A few structural improvements the design discussion has surfaced but
that aren't implemented yet:

- **Incremental commit-chain advance.** Today the tracking branch only
  moves when the whole reachable closure of a HEAD is local. Under
  sustained gossip pressure on large histories, we could fall
  arbitrarily behind. A git-like incremental walker (parallel-fetch
  commit contents, advance the tracking branch commit-by-commit in
  topological order) would give steady progress at the cost of
  exposing intermediate states to readers.

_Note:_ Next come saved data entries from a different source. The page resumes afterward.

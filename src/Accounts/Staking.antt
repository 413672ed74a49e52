-- ===== src/Accounts/Staking.antt =====
-- Stakes, slashing and vesting (AccountStakeHandler.ts, AccountUnstakeHandler.ts,
-- AccountSlashingHandler.ts, AccountVestingHandler.ts).
use carmentis_node.Base.{ℕ, ◌+◌, ◌-◌, not, ◌&&◌, ◌||◌, Bytes, ltb, ◌==◌, if◌then◌else◌}
use carmentis_node.Base.Effects.{Action, pure, throw_when, lift, read, ◌>>=◌, ◌>>◌}
use carmentis_node.Database.Stores.{Database}
use carmentis_node.Accounts.Sdk.{Sdk, AccountState, Holding, Radix}
use carmentis_node.Accounts.State.{
  World, load_account_information, save_account_state, holding_of, put_account_with_staking_locks,
  delete_account_with_staking_locks, delete_account_with_vesting_locks,
}

-- What the handlers read of the protocol's state.
pub record ProtocolState : Type 0 where
  pub minimum_node_staking_amount : ℕ
  pub maximum_node_staking_amount : ℕ
  pub unstaking_delay_in_days : ℕ

module _ (sdk : Sdk) (db : Database) (radix : Radix db) where
  abbrev pub load_state : Bytes → Action (World db) (AccountState sdk.Locks)
  load_state account_hash = read (λ w. (load_account_information sdk db radix w account_hash).state)

  -- What is written back: the balance and the locks, or the locks alone.
  abbrev pub with_holding : AccountState sdk.Locks → Holding sdk.Locks → AccountState sdk.Locks
  with_holding s h = record s { balance = h.balance; locks = h.locks }

  abbrev pub with_locks : AccountState sdk.Locks → Holding sdk.Locks → AccountState sdk.Locks
  with_locks s h = record s { locks = h.locks }

  -- `stake`; an amount is an integer
  unfoldable pub stake : Bytes → ℕ → ℕ → Bytes → ProtocolState → Action (World db) (Unit {0})
  stake account_hash amount object_type object_identifier protocol_state = do
    throw_when (not (object_type == sdk.node_virtual_blockchain))
    account_state ← load_state account_hash
    let h = holding_of sdk db radix account_state
    let new_stake_amount = sdk.get_node_staking_lock_amount h object_identifier + amount
    throw_when (
        ltb new_stake_amount protocol_state.minimum_node_staking_amount
        || ltb protocol_state.maximum_node_staking_amount new_stake_amount)
    h' ← lift (sdk.add_node_staking h amount object_identifier)
    put_account_with_staking_locks sdk db radix account_hash
    save_account_state sdk db radix account_hash (with_holding account_state h')

  -- `planUnstake`
  unfoldable pub plan_unstake :
      Bytes → ℕ → ℕ → Bytes → ℕ → ProtocolState → Action (World db) (Unit {0})
  plan_unstake account_hash amount object_type object_identifier timestamp protocol_state = do
    throw_when (not (object_type == sdk.node_virtual_blockchain))
    let planned_unlock_timestamp =
        sdk.add_days_to_timestamp timestamp protocol_state.unstaking_delay_in_days
    account_state ← load_state account_hash
    let h = holding_of sdk db radix account_state
    let staked_amount = sdk.get_node_staking_lock_amount h object_identifier
    throw_when (ltb staked_amount amount)
    throw_when (
        ltb 0 (staked_amount - amount)
        && ltb (staked_amount - amount) protocol_state.minimum_node_staking_amount)
    h' ← lift (sdk.plan_node_staking_unlock h amount planned_unlock_timestamp object_identifier)
    save_account_state sdk db radix account_hash (with_holding account_state h')

  -- `applyNodeStakingUnlocks`
  unfoldable pub apply_node_staking_unlocks : Bytes → ℕ → Action (World db) (Unit {0})
  apply_node_staking_unlocks account_hash timestamp = do
    account_state ← load_state account_hash
    let (count, h) =
        sdk.apply_node_staking_unlocks (holding_of sdk db radix account_state) timestamp
    if ltb 0 count
        then (do
          save_account_state sdk db radix account_hash (with_locks account_state h)
          if sdk.has_node_staking_locks h
              then pure tt
              else delete_account_with_staking_locks sdk db radix account_hash)
        else pure tt

  -- `setSlashing`
  unfoldable pub set_slashing : Bytes → Bytes → ℕ → Action (World db) (Unit {0})
  set_slashing account_hash validator_node_id timestamp = do
    account_state ← load_state account_hash
    h ← lift (sdk.set_slashing (holding_of sdk db radix account_state) validator_node_id timestamp)
    save_account_state sdk db radix account_hash (with_locks account_state h)

  -- `cancelSlashing`
  unfoldable pub cancel_slashing : Bytes → Bytes → Action (World db) (Unit {0})
  cancel_slashing account_hash validator_node_id = do
    account_state ← load_state account_hash
    h ← lift (sdk.cancel_node_slashing (holding_of sdk db radix account_state) validator_node_id)
    save_account_state sdk db radix account_hash (with_locks account_state h)

  -- `applyNodeSlashing`
  unfoldable pub apply_node_slashing : Bytes → ℕ → Action (World db) (Unit {0})
  apply_node_slashing account_hash timestamp = do
    account_state ← load_state account_hash
    let (count, h) = sdk.apply_node_slashing (holding_of sdk db radix account_state) timestamp
    if ltb 0 count
        then save_account_state sdk db radix account_hash (with_holding account_state h)
        else pure tt

  -- `applyLinearVesting`
  unfoldable pub apply_linear_vesting : Bytes → ℕ → Action (World db) (Unit {0})
  apply_linear_vesting account_hash timestamp = do
    account_state ← load_state account_hash
    let (count, h) = sdk.apply_linear_vesting (holding_of sdk db radix account_state) timestamp
    if ltb 0 count
        then (do
          save_account_state sdk db radix account_hash (with_locks account_state h)
          if sdk.has_vesting_locks h
              then pure tt
              else delete_account_with_vesting_locks sdk db radix account_hash)
        else pure tt
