-- ===== src/Merkle.antt =====
-- The Merkle tree kept in the database
-- (src/carmentis/abci/persistentMerkleTree/PersistentMerkleTree.ts).
pub mod Height
pub mod Keys
pub mod Merging
pub mod Shape
pub mod Empties
pub mod Parents
pub mod Insert
pub mod Proofs
pub mod Soundness
pub mod Cached
pub mod Tables
pub mod Frames
mod Laws
mod Examples
use carmentis_node.Base.{
  ℕ, zero, suc, ◌+◌, ◌-◌, ◌*◌, ◌/◌, ◌%◌, ◌^◌, ◌≡◌, Bool, true, false, not, ◌&&◌, ◌||◌, Option, none,
  some, List, [], ◌∷◌, ◌++◌, Bytes, bytes_eq, ltb, ◌==◌, if◌then◌else◌, Result, ok, thrown, ◌>>=◌,
  ◌>>◌, throw_if, length, get_elem?, replicate, take, drop,
}

-- `db.getMerkleNode` and `db.putMerkleNode`.
pub record Nodes : Type 1 where
  pub Db : Type 0
  pub get_merkle_node : Db → Bytes → Option Bytes
  pub put_merkle_node : Db → Bytes → Bytes → Db
  pub get-put :
      (d : Db) (k j v : Bytes)
      → get_merkle_node (put_merkle_node d k v) j
        ≡ (if bytes_eq k j then some v else get_merkle_node d j)

-- SHA-256, which belongs to Node.js, and `Utils.getNullHash` of the SDK. Both are 32 bytes.
pub record Hashes : Type 0 where
  pub sha256 : Bytes → Bytes
  pub null_hash : Bytes
  pub sha256-length : (b : Bytes) → length (sha256 b) ≡ 32
  pub null_hash-length : length null_hash ≡ 32

-- `interface MerkleProof`
pub record MerkleProof : Type 0 where
  pub size : ℕ
  pub leaf_index : ℕ
  pub leaf_hash : Bytes
  pub root_hash : Bytes
  pub witnesses : List Bytes

-- The number of significant bits, counted over at most as many bits as the first argument says.
unfoldable pub bit_length : ℕ → ℕ → ℕ
bit_length zero x = 0
bit_length (suc n) x = let rest = bit_length n (x / 2) in if x == 0 then 0 else suc rest

-- `Math.clz32`
unfoldable pub clz32 : ℕ → ℕ
clz32 x = 32 - bit_length 32 (x % 2 ^ 32)

-- `sizeToHeight`
unfoldable pub size_to_height : ℕ → Result ℕ
unfolding clz32
size_to_height size = do throw_if (ltb size 1 || ltb (2 ^ 32) size); ok (33 - clz32 (size - 1))

-- `x | 1`, `x ^ 1`, `x >>> 1`, `x << 1` and `x >>> k` on unsigned 32-bit numbers. (The source's
-- signed results only reach the four bytes of a key.)
abbrev pub or_one : ℕ → ℕ
or_one x = x / 2 * 2 + 1

abbrev pub xor_one : ℕ → ℕ
xor_one x = if x % 2 == 0 then x + 1 else x - 1

abbrev pub shl_one : ℕ → ℕ
shl_one x = x * 2 % 2 ^ 32

abbrev pub shr : ℕ → ℕ → ℕ
shr x k = x % 2 ^ 32 / 2 ^ k

-- `buffer.set(bytes, offset)`, which throws if the bytes do not fit.
unfoldable pub buffer_set : Bytes → ℕ → Bytes → Result Bytes
buffer_set buffer offset bytes =
    if ltb (length buffer) (offset + length bytes)
    then thrown
    else ok (take offset buffer ++ (bytes ++ drop (offset + length bytes) buffer))

module _ (hashes : Hashes) where
  -- `mergeHashes`
  pub merge_hashes : Bytes → Bytes → Result Bytes
  merge_hashes left_child right_child = do
    half ← buffer_set (replicate 64 0) 0 left_child
    concatenation ← buffer_set half 32 right_child
    ok (hashes.sha256 concatenation)

  -- The loop of `verifyProof`, with `rounds` rows left of it.
  pub verify_rows : ℕ → ℕ → ℕ → List Bytes → Bytes → Result Bytes
  verify_rows zero row index witnesses current = ok current
  verify_rows (suc rounds) row index witnesses current = elim (get_elem? witnesses row) [
    | none ↦ thrown
    | some witness ↦ do
      next ←
          if shr index row % 2 == 1
          then merge_hashes witness current
          else merge_hashes current witness
      verify_rows rounds (row + 1) index witnesses next
  ]

  -- `verifyProof`
  pub verify_proof : MerkleProof → Result Bool
  unfolding verify_rows
  verify_proof p = do
    height ← size_to_height p.size
    current ← verify_rows (height - 1) 0 p.leaf_index p.witnesses p.leaf_hash
    ok (bytes_eq current p.root_hash)

module _ (hashes : Hashes) (nodes : Nodes) (tree_id : Bytes) where
  -- `getNodeKey`
  unfoldable pub node_key : ℕ → ℕ → Bytes
  node_key row col =
      tree_id
      ++ (row % 256 ∷ col / 2 ^ 24 % 256 ∷ col / 2 ^ 16 % 256 ∷ col / 2 ^ 8 % 256 ∷ col % 256 ∷ [])

  -- `getNode`
  unfoldable pub get_node : nodes.Db → ℕ → ℕ → Result Bytes
  get_node d row col = elim (nodes.get_merkle_node d (node_key row col)) [
    | none ↦ thrown
    | some node ↦ ok node
  ]

  -- `setNode`
  unfoldable pub set_node : nodes.Db → ℕ → ℕ → Bytes → nodes.Db
  set_node d row col value = nodes.put_merkle_node d (node_key row col) value

  -- `mergeChildrenOf`
  pub merge_children_of : nodes.Db → ℕ → ℕ → Result nodes.Db
  merge_children_of d row col = do
    throw_if (ltb row 1)
    left_child ← get_node d (row - 1) (shl_one col)
    right_child ← get_node d (row - 1) (or_one (shl_one col))
    merged_hash ← merge_hashes hashes left_child right_child
    ok (set_node d row col merged_hash)

  -- The first loop of `addLeaf`, with `rounds` rows left of it: the empty nodes.
  unfoldable pub fill_empty : ℕ → ℕ → ℕ → nodes.Db → nodes.Db
  fill_empty zero row msk d = d
  fill_empty (suc rounds) row msk d =
      let rest =
        fill_empty rounds (row + 1) (msk / 2) (set_node d row (or_one msk) hashes.null_hash) in
      if msk % 2 == 0 then rest else d

  -- The second loop of `addLeaf`, with `rounds` rows left of it: the parents, up to the root.
  unfoldable pub merge_up : ℕ → ℕ → ℕ → nodes.Db → Result nodes.Db
  merge_up zero row col d = ok d
  merge_up (suc rounds) row col d = do
    d' ← merge_children_of d row col
    merge_up rounds (row + 1) (col / 2) d'

  -- `addLeaf`: the root hash and the database that it leaves.
  unfoldable pub add_leaf : ℕ → Bytes → nodes.Db → Result (Bytes × nodes.Db)
  add_leaf index hash d = do
    height ← size_to_height (index + 1)
    let leaf_set = set_node d 0 index hash
    let filled = fill_empty (height - 1) 0 index leaf_set
    merged ← merge_up (height - 1) 1 (index / 2) filled
    root ← get_node merged (height - 1) 0
    ok (root, merged)

  -- The loop of `getProof`, with `rounds` rows left of it.
  pub witness_rows : ℕ → ℕ → ℕ → nodes.Db → Result (List Bytes)
  witness_rows zero row col d = ok []
  witness_rows (suc rounds) row col d = do
    witness ← get_node d row (xor_one col)
    rest ← witness_rows rounds (row + 1) (xor_one col / 2) d
    ok (witness ∷ rest)

  -- `getProof`
  pub get_proof : ℕ → ℕ → nodes.Db → Result MerkleProof
  get_proof index size d = do
    height ← size_to_height size
    leaf ← get_node d 0 index
    root ← get_node d (height - 1) 0
    witnesses ← witness_rows (height - 1) 0 index d
    ok (record {
      size = size;
      leaf_index = index;
      leaf_hash = leaf;
      root_hash = root;
      witnesses = witnesses;
    })

  -- The constructor's check, and the static helpers `addTreeLeaf` and `getTreeProof`.
  unfoldable pub check_tree_id : Result (Unit {0})
  check_tree_id = throw_if (not (length tree_id == 32))

  unfoldable pub add_tree_leaf : ℕ → Bytes → nodes.Db → Result (Bytes × nodes.Db)
  unfolding check_tree_id
  add_tree_leaf index hash d = check_tree_id >> add_leaf index hash d

  pub get_tree_leaf : ℕ → nodes.Db → Result Bytes
  unfolding check_tree_id
  get_tree_leaf index d = check_tree_id >> get_node d 0 index

  pub get_tree_proof : ℕ → ℕ → nodes.Db → Result MerkleProof
  unfolding check_tree_id
  get_tree_proof index size d = check_tree_id >> get_proof index size d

- **`CachingStore<P>` with on-miss fetch.** A middleware that wraps a
  `Peer` and does DHT-backed on-miss fetching inside `BlobStoreGet::get`,
  with a policy callback for gating by size / schema / context. Would
  cover the "cache eviction + lazy fetch" workflows that current
  eager-only semantics can't.
- **Schema-aware traversal in `track`.** `op_children` today scans
  parent blob bytes for 32-byte chunks that look like hashes. That's
  cheap and peer-agnostic but pulls more than strictly necessary when
  a blob contains handle-sized non-hash data. A schema-aware walker
  that parses each blob as its declared schema and enumerates referenced
  handles could be precise, but adds significant traversal complexity.

All three are additive: the current model stays correct as a
strict-closure / eager-only baseline that these improvements build on.